▸ THE TASK
Show every line below where "other" can be found.

▸ ENTRIES SUPPLIED
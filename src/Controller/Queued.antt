-- ===== src/Controller/Queued.antt =====
-- From the game controller to the command queue.
use drone_os.Base.{
  ◌≡◌, refl, sym, ap, ◌∙◌, ℕ, zero, suc, ◌-◌, ◌≤◌, arith, Bool-cases, inl, inr, List, [], ◌∷◌, ◌++◌,
  map, append_assoc, append-nil, length, length-append, take, ltb,
}
use drone_os.Protocol.Handlers.{ControllerCommand, enqueue_controller_command, queue_capacity}
use drone_os.Controller.{Event, command_of, pump}

take-nil : {A : Type 0} (n : ℕ) → take {A = A} n [] ≡ []
take-nil zero = refl
take-nil (suc n) = refl

take-suc :
    {A : Type 0} (n k : ℕ) (x : A) (xs : List A) → n ≡ suc k → take n (x ∷ xs) ≡ x ∷ take k xs
take-suc n k x xs h = rw h refl

-- From a queue within its capacity, the loop adds the commands of the first events, in their order, up to
-- the capacity, and drops those of the rest.
pub pump-take :
    {P : Type 0} (es : List (Event P)) (q : List (ControllerCommand P))
    → length q ≤ queue_capacity
    → pump es q ≡ q ++ take (queue_capacity - length q) (map command_of es)
unfolding pump enqueue_controller_command
pump-take [] q h = sym (ap (◌++◌ q) (take-nil (queue_capacity - length q)) ∙ append-nil q)
pump-take (e ∷ es) q h =
    let c = command_of e in
    elim (Bool-cases (ltb (length q) queue_capacity)) [
      | inl room ↦
          let grown = length-append q (c ∷ []) in
          rw room (
            pump-take es (q ++ c ∷ []) (ground arith)
            ∙ append_assoc q (c ∷ []) _
            ∙ ap (◌++◌ q) (
                sym (
                  take-suc (queue_capacity - length q) (queue_capacity - length (q ++ c ∷ [])) c _
                    (ground arith))))
      | inr full ↦
          let none_left : queue_capacity - length q ≡ 0 = ground arith in
          rw full (pump-take es q h ∙ rw none_left refl)
    ]
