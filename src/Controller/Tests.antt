-- ===== src/Controller/Tests.antt =====
-- A controller that is unplugged and found again.
use drone_os.Base.{◌≡◌, ℕ, ◌≤ℤ◌, arith, pos, negsuc, true, false, none, List, [], ◌∷◌, ok, err}
use drone_os.Controller.{
  ev_key, btn_a, other, event, timed_out, read_failed, Round, Attempt, max_int16, min_int16,
  clamp_int32_to_int16, xbox360_interface,
}
use drone_os.Controller.Clamp.{clamp_int32_to_int16-IsInt16}
use drone_os.Controller.Devices.{UsesOne, returns, xbox360_interface-UsesOne}

clamp_int32_to_int16-IsInt16_example :
    (min_int16 ≤ℤ clamp_int32_to_int16 (negsuc 40000))
    × (clamp_int32_to_int16 (negsuc 40000) ≤ℤ max_int16)
    × (min_int16 ≤ℤ negsuc 40000
        → negsuc 40000 ≤ℤ max_int16
        → clamp_int32_to_int16 (negsuc 40000) ≡ negsuc 40000)
    × (clamp_int32_to_int16 (negsuc 40000) ≤ℤ clamp_int32_to_int16 (pos 12))
clamp_int32_to_int16-IsInt16_example =
    clamp_int32_to_int16-IsInt16 (negsuc 40000) (pos 12) (omega arith)

abbrev rounds : List (Round ℕ)
rounds =
    record { done = false; read = event (record { kind = ev_key; code = btn_a; value = pos 1 }) }
    ∷ record { done = false; read = timed_out }
    ∷ record { done = false; read = read_failed (other 19) }
    ∷ []

abbrev attempts : List (Attempt ℕ ℕ)
attempts =
    record {
      searches =
          record { found = ok []; done = false }
          ∷ record { found = ok (3 ∷ []); done = false }
          ∷ [];
      open_failure = none;
      done = false;
      rounds = rounds;
    }
    ∷ record {
      searches = record { found = err 2; done = true } ∷ [];
      open_failure = none;
      done = false;
      rounds = [];
    }
    ∷ []

xbox360_interface-UsesOne_example :
    let (calls, end) = xbox360_interface attempts in UsesOne (returns end) none calls
xbox360_interface-UsesOne_example = xbox360_interface-UsesOne attempts
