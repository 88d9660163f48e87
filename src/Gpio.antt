-- ===== src/Gpio.antt =====
-- internal/drivers/gpio/layout.go: the pins that a configuration names, resolved to lines of GPIO chips.
pub mod Resolved
pub mod Validate
pub mod Lines
mod Tests
use drone_os.Base.{
  ℕ, ℤ, pos, eq_ℤ, Bool, true, false, not, ◌||◌, Option, none, some, List, [], ◌∷◌, ◌++◌, map,
  if◌then◌else◌, Bytes, codes, text_eq, one_of, trim_space, to_lower, Result, ok, err,
}
use drone_os.Config.{Pin}

pub record Layout : Type 0 where
  pub name : Bytes
  pub physical_to_bcm : List (ℤ × ℤ)

pub record ResolvedPin : Type 0 where
  pub name : Bytes
  pub chip : Bytes
  pub offset : ℤ
  pub direction : Bytes
  pub active_low : Option Bool
  pub bias : Bytes
  pub drive : Bytes

pub data PinError : Type 0 where
  missing_scheme : Bytes → PinError
  requires_chip unsupported_scheme : Bytes → Bytes → PinError
  not_mapped : Bytes → ℤ → Bytes → PinError

abbrev pub default_gpio_chip : Bytes
default_gpio_chip = codes "gpiochip0"

abbrev pin_pair : ℕ × ℕ → ℤ × ℤ
pin_pair (p, b) = (pos p, pos b)

-- `rpi40PhysicalToBCM`
pub rpi40_physical_to_bcm : List (ℤ × ℤ)
rpi40_physical_to_bcm = map pin_pair (
    (3, 2)
    ∷ (5, 3)
    ∷ (7, 4)
    ∷ (8, 14)
    ∷ (10, 15)
    ∷ (11, 17)
    ∷ (12, 18)
    ∷ (13, 27)
    ∷ (15, 22)
    ∷ (16, 23)
    ∷ (18, 24)
    ∷ (19, 10)
    ∷ (21, 9)
    ∷ (22, 25)
    ∷ (23, 11)
    ∷ (24, 8)
    ∷ (26, 7)
    ∷ (27, 0)
    ∷ (28, 1)
    ∷ (29, 5)
    ∷ (31, 6)
    ∷ (32, 12)
    ∷ (33, 13)
    ∷ (35, 19)
    ∷ (36, 16)
    ∷ (37, 26)
    ∷ (38, 20)
    ∷ (40, 21)
    ∷ [])

pub default_layout : Layout
unfolding rpi40_physical_to_bcm
default_layout = record { name = codes "rpi-40"; physical_to_bcm = rpi40_physical_to_bcm }

-- An unknown name is the error.
unfoldable pub layout_by_name : Bytes → Result Bytes Layout
layout_by_name name =
    if one_of (to_lower (trim_space name))
      ([] ∷ codes "rpi-40" ∷ codes "rpi40" ∷ codes "raspi-40" ∷ codes "raspberrypi-40" ∷ [])
    then ok default_layout
    else err name

pub bcm_of : ℤ → List (ℤ × ℤ) → Option ℤ
bcm_of p [] = none
bcm_of p ((k, b) ∷ m) = if eq_ℤ k p then some b else bcm_of p m

abbrev pub scheme_chip : Bytes
scheme_chip = codes "chip"

abbrev pub scheme_bcm : Bytes
scheme_bcm = codes "bcm"

abbrev pub scheme_physical : Bytes
scheme_physical = codes "physical"

-- The scheme that a pin states, or the one that its fields show.
pub pin_scheme : Pin → Option Bytes
pin_scheme pin =
    let scheme = to_lower (trim_space pin.scheme) in
    if text_eq scheme []
    then (if not (text_eq (trim_space pin.chip) []) || not (eq_ℤ pin.offset (pos 0))
        then some scheme_chip
        else if not (eq_ℤ pin.number (pos 0))
        then some scheme_bcm
        else none)
    else some scheme

pub chip_or_default : Bytes → Bytes
chip_or_default chip = if text_eq chip [] then default_gpio_chip else chip

-- The pin at a line of a chip, with the rest of its settings.
abbrev pub resolved_at : Pin → Bytes → ℤ → ResolvedPin
resolved_at pin chip offset = record {
  name = pin.name;
  chip = chip;
  offset = offset;
  direction = pin.direction;
  active_low = pin.active_low;
  bias = pin.bias;
  drive = pin.drive;
}

resolve_physical : Layout → Pin → Option ℤ → Result PinError ResolvedPin
resolve_physical layout pin none = err (not_mapped pin.name pin.number layout.name)
resolve_physical layout pin (some b) = ok (resolved_at pin (chip_or_default pin.chip) b)

resolve_scheme : Layout → Pin → Option Bytes → Result PinError ResolvedPin
unfolding resolve_physical
resolve_scheme layout pin none = err (missing_scheme pin.name)
resolve_scheme layout pin (some scheme) =
    if text_eq scheme scheme_chip
    then (if text_eq (trim_space pin.chip) []
        then err (requires_chip pin.name scheme)
        else ok (resolved_at pin pin.chip pin.offset))
    else if text_eq scheme scheme_bcm
    then ok (resolved_at pin (chip_or_default pin.chip) pin.number)
    else if text_eq scheme scheme_physical
    then resolve_physical layout pin (bcm_of pin.number layout.physical_to_bcm)
    else err (unsupported_scheme pin.name scheme)

pub resolve_pin : Layout → Pin → Result PinError ResolvedPin
unfolding resolve_scheme
resolve_pin layout pin = resolve_scheme layout pin (pin_scheme pin)

-- A layout with no name is the default one.
unfoldable pub layout_or_default : Layout → Layout
layout_or_default layout = if text_eq layout.name [] then default_layout else layout

collect :
    Result PinError ResolvedPin
    → List ResolvedPin × List PinError
    → List ResolvedPin × List PinError
collect (ok r) (rs, es) = (rs ++ r ∷ [], es)
collect (err e) (rs, es) = (rs, es ++ e ∷ [])

resolve_loop :
    Layout → List Pin → List ResolvedPin × List PinError → List ResolvedPin × List PinError
unfolding collect
resolve_loop layout [] acc = acc
resolve_loop layout (pin ∷ pins) acc =
    resolve_loop layout pins (collect (resolve_pin layout pin) acc)

-- `ResolvePins`: the resolved pins and the errors.
pub resolve_pins : Layout → List Pin → List ResolvedPin × List PinError
unfolding resolve_loop
resolve_pins layout pins = resolve_loop (layout_or_default layout) pins ([], [])
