-- ===== src/Gpio/Lines.antt =====
-- `lineReqOptions` of internal/drivers/gpio/validate.go: the options of a request for a line.
use drone_os.Base.{
  length, ◌≤◌, ◌∙◌, ◌≡◌, refl, Bool, true, false, Option, none, some, List, [], ◌∷◌, ◌++◌,
  if◌then◌else◌, Bytes, codes, text_eq, trim_space, to_lower, arith,
}
use drone_os.Gpio.{ResolvedPin}

-- The options of go-gpiocdev that are used; `as_output` is `AsOutput(0)`.
pub data LineReqOption : Type 0 where
  as_active_low as_active_high : LineReqOption
  with_pull_up with_pull_down with_bias_disabled with_bias_as_is : LineReqOption
  as_open_drain as_open_source as_push_pull : LineReqOption
  as_input as_output : LineReqOption

level_options : Option Bool → List LineReqOption
level_options none = []
level_options (some true) = as_active_low ∷ []
level_options (some false) = as_active_high ∷ []

bias_options : Bytes → List LineReqOption
bias_options bias =
    if text_eq bias (codes "pull_up")
    then with_pull_up ∷ []
    else if text_eq bias (codes "pull_down")
    then with_pull_down ∷ []
    else if text_eq bias (codes "disabled")
    then with_bias_disabled ∷ []
    else if text_eq bias (codes "as_is")
    then with_bias_as_is ∷ []
    else []

drive_options : Bytes → List LineReqOption
drive_options drive =
    if text_eq drive (codes "open_drain")
    then as_open_drain ∷ []
    else if text_eq drive (codes "open_source")
    then as_open_source ∷ []
    else if text_eq drive (codes "push_pull")
    then as_push_pull ∷ []
    else []

-- `hasDrive`
has_drive : List LineReqOption → Bool
has_drive [] = false
has_drive (o ∷ os) = true

direction_options : Bytes → Bool → List LineReqOption
direction_options direction drive =
    if text_eq direction (codes "input")
    then as_input ∷ []
    else if text_eq direction (codes "output")
    then (if drive then [] else as_output ∷ [])
    else []

pub line_req_options : ResolvedPin → List LineReqOption
unfolding level_options bias_options drive_options has_drive direction_options
line_req_options pin =
    let drive = drive_options (to_lower (trim_space pin.drive)) in
    level_options pin.active_low
    ++ (bias_options (to_lower (trim_space pin.bias))
        ++ (drive ++ direction_options (to_lower (trim_space pin.direction)) (has_drive drive)))

-- The options that make the line an output.
abbrev pub drives : List LineReqOption → List LineReqOption
drives [] = []
drives (as_open_drain ∷ os) = as_open_drain ∷ drives os
drives (as_open_source ∷ os) = as_open_source ∷ drives os
drives (as_push_pull ∷ os) = as_push_pull ∷ drives os
drives (as_output ∷ os) = as_output ∷ drives os
drives (o ∷ os) = drives os

drives-level :
    (o : Option Bool) (rest : List LineReqOption) → drives (level_options o ++ rest) ≡ drives rest
unfolding level_options
drives-level none rest = refl
drives-level (some true) rest = refl
drives-level (some false) rest = refl

drives-bias :
    (b : Bytes) (rest : List LineReqOption) → drives (bias_options b ++ rest) ≡ drives rest
unfolding bias_options
drives-bias b rest = ground arith

drives-drive :
    (b d : Bytes)
    → length (drives (drive_options b ++ direction_options d (has_drive (drive_options b)))) ≤ 1
unfolding drive_options direction_options has_drive
drives-drive b d = ground arith

direction_options-output :
    (b : Bool) → direction_options (codes "output") b ≡ (if b then [] else as_output ∷ [])
unfolding direction_options text_eq
direction_options-output b = refl

drives-output :
    (b : Bytes)
    → length (
        drives
          (drive_options b ++ direction_options (codes "output") (has_drive (drive_options b))))
      ≡ 1
unfolding drive_options direction_options has_drive
drives-output b = ground (arith, direction_options-output (has_drive (drive_options b)))

-- A line is driven in at most one way, and in exactly one if the pin is an output.
pub line_req_options-drives :
    (pin : ResolvedPin)
    → (length (drives (line_req_options pin)) ≤ 1)
      × (to_lower (trim_space pin.direction) ≡ codes "output"
          → length (drives (line_req_options pin)) ≡ 1)
unfolding line_req_options
line_req_options-drives pin =
    let drive = to_lower (trim_space pin.drive) in
    let direction = to_lower (trim_space pin.direction) in
    let tail =
      drive_options drive ++ direction_options direction (has_drive (drive_options drive)) in
    let same : drives (line_req_options pin) ≡ drives tail =
      drives-level pin.active_low _ ∙ drives-bias (to_lower (trim_space pin.bias)) tail in
    (rw same (drives-drive drive direction), λ out. rw same (rw out (drives-output drive)))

▸ ANSWER TO THE PROBLEM
  ev_key, btn_a, other, event, timed_out, read_failed, Round, Attempt, max_int16, min_int16,
    ∷ record { done = false; read = read_failed (other 19) }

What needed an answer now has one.